**Provided records:**
================================

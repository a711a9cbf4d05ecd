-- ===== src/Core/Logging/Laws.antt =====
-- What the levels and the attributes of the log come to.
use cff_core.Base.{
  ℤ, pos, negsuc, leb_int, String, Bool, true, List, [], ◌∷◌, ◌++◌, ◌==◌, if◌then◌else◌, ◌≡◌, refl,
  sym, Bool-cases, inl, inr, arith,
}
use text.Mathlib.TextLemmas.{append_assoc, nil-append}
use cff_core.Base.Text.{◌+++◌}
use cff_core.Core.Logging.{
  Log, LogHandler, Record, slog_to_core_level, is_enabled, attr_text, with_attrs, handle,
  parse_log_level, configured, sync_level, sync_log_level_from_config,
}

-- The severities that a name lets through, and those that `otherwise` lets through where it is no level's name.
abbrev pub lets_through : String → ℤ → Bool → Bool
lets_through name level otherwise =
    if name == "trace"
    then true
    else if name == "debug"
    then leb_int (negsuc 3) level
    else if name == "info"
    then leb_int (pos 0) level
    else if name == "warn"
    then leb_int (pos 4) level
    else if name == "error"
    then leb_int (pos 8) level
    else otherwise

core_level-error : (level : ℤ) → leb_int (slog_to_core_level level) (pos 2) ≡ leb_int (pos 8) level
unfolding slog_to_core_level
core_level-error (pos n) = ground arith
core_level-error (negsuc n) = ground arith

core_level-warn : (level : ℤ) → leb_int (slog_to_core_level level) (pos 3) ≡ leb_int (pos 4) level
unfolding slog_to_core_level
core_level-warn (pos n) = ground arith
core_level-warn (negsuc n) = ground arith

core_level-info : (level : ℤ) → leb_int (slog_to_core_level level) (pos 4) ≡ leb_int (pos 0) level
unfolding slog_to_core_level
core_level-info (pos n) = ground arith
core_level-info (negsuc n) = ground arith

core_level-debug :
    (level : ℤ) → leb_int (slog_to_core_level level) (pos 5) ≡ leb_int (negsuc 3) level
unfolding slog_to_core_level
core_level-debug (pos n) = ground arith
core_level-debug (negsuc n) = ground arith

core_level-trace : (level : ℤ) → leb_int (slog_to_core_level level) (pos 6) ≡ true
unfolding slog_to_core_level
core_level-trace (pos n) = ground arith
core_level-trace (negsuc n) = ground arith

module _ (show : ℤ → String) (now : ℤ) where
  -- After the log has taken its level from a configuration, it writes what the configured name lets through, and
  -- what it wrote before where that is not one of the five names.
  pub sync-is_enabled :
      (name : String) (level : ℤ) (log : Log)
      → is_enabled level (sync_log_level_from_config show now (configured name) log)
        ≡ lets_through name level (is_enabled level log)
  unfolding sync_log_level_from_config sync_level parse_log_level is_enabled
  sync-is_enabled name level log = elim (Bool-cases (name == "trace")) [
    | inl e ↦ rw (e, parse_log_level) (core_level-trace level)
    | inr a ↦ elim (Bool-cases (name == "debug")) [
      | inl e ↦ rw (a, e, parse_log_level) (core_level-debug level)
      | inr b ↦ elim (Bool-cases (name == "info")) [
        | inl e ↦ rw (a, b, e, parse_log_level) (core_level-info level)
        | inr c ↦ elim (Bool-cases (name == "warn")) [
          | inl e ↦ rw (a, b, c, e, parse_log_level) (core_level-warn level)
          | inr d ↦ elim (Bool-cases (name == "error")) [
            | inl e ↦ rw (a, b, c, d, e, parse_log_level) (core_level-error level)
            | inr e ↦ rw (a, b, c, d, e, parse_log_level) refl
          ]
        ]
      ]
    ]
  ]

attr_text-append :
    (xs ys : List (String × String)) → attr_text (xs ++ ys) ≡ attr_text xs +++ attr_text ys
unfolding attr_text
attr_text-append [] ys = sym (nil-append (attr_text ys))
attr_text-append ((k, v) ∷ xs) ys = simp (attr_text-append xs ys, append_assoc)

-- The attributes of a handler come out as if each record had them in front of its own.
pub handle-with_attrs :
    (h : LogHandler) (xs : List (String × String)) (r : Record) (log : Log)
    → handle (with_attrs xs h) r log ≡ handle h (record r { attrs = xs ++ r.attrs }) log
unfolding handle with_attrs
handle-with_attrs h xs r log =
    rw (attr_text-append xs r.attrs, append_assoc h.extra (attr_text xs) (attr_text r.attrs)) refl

================================

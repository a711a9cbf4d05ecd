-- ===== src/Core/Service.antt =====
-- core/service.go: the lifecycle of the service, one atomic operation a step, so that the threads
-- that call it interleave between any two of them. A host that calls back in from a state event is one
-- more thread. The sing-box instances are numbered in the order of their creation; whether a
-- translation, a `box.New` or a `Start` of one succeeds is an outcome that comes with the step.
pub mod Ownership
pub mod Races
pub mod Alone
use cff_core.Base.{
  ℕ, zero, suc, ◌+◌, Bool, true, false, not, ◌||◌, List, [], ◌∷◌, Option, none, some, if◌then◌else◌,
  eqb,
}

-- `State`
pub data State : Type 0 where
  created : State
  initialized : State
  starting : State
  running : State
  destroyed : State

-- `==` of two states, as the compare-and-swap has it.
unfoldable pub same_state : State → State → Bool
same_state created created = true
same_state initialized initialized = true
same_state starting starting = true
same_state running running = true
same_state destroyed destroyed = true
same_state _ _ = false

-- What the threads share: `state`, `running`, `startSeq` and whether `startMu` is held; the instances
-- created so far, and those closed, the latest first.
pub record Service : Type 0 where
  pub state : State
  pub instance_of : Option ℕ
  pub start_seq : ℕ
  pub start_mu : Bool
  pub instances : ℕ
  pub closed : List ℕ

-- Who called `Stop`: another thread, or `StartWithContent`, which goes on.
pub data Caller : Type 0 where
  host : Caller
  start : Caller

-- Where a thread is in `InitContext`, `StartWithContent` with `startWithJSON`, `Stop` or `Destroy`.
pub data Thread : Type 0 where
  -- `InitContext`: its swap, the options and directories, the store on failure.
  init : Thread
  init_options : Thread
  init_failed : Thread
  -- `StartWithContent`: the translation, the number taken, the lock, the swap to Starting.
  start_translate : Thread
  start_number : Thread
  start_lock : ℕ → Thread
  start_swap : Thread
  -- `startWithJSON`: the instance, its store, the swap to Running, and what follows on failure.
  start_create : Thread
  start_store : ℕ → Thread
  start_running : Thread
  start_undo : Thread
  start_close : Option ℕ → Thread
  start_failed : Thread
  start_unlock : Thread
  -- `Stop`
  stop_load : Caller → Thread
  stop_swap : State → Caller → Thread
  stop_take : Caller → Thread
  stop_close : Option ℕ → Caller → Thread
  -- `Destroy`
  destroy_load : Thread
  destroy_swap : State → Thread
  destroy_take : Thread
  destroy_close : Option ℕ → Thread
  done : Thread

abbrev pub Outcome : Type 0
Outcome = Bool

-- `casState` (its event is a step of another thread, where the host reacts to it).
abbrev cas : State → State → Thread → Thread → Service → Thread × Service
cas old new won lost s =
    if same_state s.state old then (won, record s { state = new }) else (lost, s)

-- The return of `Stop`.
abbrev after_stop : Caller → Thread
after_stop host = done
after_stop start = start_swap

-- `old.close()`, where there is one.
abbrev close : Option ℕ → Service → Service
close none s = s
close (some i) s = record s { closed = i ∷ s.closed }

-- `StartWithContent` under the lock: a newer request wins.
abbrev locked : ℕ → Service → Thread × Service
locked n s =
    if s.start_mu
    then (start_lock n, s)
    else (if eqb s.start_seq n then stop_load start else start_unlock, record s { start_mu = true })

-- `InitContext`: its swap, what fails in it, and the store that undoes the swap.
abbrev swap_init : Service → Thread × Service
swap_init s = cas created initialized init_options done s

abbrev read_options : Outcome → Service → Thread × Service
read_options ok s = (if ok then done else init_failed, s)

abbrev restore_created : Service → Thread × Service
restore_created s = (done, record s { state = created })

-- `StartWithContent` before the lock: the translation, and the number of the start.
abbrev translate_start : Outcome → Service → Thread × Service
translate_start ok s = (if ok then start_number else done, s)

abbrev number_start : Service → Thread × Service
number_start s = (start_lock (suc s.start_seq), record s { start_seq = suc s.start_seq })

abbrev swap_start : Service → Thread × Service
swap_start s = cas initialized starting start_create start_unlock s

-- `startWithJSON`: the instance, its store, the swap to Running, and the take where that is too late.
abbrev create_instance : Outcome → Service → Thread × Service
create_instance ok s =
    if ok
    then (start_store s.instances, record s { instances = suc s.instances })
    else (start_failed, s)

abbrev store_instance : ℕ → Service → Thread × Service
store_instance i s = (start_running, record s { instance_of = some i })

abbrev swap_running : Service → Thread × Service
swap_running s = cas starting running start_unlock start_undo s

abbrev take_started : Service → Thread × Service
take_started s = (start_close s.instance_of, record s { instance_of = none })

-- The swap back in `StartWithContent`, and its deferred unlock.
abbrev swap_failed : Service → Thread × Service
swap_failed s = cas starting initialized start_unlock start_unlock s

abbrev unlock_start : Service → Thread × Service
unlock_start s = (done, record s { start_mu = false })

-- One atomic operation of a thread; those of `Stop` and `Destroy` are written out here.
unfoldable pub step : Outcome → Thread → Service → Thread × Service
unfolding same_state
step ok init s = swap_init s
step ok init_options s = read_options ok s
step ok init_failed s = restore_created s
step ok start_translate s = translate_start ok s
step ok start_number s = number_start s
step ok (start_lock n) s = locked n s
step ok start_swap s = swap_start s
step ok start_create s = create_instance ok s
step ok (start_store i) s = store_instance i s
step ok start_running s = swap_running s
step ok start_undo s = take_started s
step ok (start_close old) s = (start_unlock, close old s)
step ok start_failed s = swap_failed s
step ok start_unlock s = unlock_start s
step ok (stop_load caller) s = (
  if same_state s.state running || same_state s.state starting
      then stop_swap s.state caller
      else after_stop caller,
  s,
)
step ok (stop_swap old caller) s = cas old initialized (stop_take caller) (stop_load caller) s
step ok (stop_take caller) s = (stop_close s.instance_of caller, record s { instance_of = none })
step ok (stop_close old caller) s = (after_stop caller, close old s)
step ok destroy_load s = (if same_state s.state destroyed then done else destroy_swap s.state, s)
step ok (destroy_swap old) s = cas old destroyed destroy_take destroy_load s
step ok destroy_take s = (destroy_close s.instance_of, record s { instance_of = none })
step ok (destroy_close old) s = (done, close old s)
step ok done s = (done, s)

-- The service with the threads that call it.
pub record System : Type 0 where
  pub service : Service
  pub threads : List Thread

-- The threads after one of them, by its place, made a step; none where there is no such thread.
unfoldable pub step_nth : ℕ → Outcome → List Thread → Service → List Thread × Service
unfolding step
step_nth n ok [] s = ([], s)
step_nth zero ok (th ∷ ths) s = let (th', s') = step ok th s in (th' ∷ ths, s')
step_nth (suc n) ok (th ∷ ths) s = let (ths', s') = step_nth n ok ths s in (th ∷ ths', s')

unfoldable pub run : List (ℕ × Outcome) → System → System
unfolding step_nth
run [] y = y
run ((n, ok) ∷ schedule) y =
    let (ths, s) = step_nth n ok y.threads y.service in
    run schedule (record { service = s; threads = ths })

================================

**What is being asked:**
If a line of the material contains the word "them", pick it out and copy it.

**Solution to this problem:**
-- The attributes of a handler come out as if each record had them in front of its own.
-- that call it interleave between any two of them. A host that calls back in from a state event is one
-- The threads after one of them, by its place, made a step; none where there is no such thread.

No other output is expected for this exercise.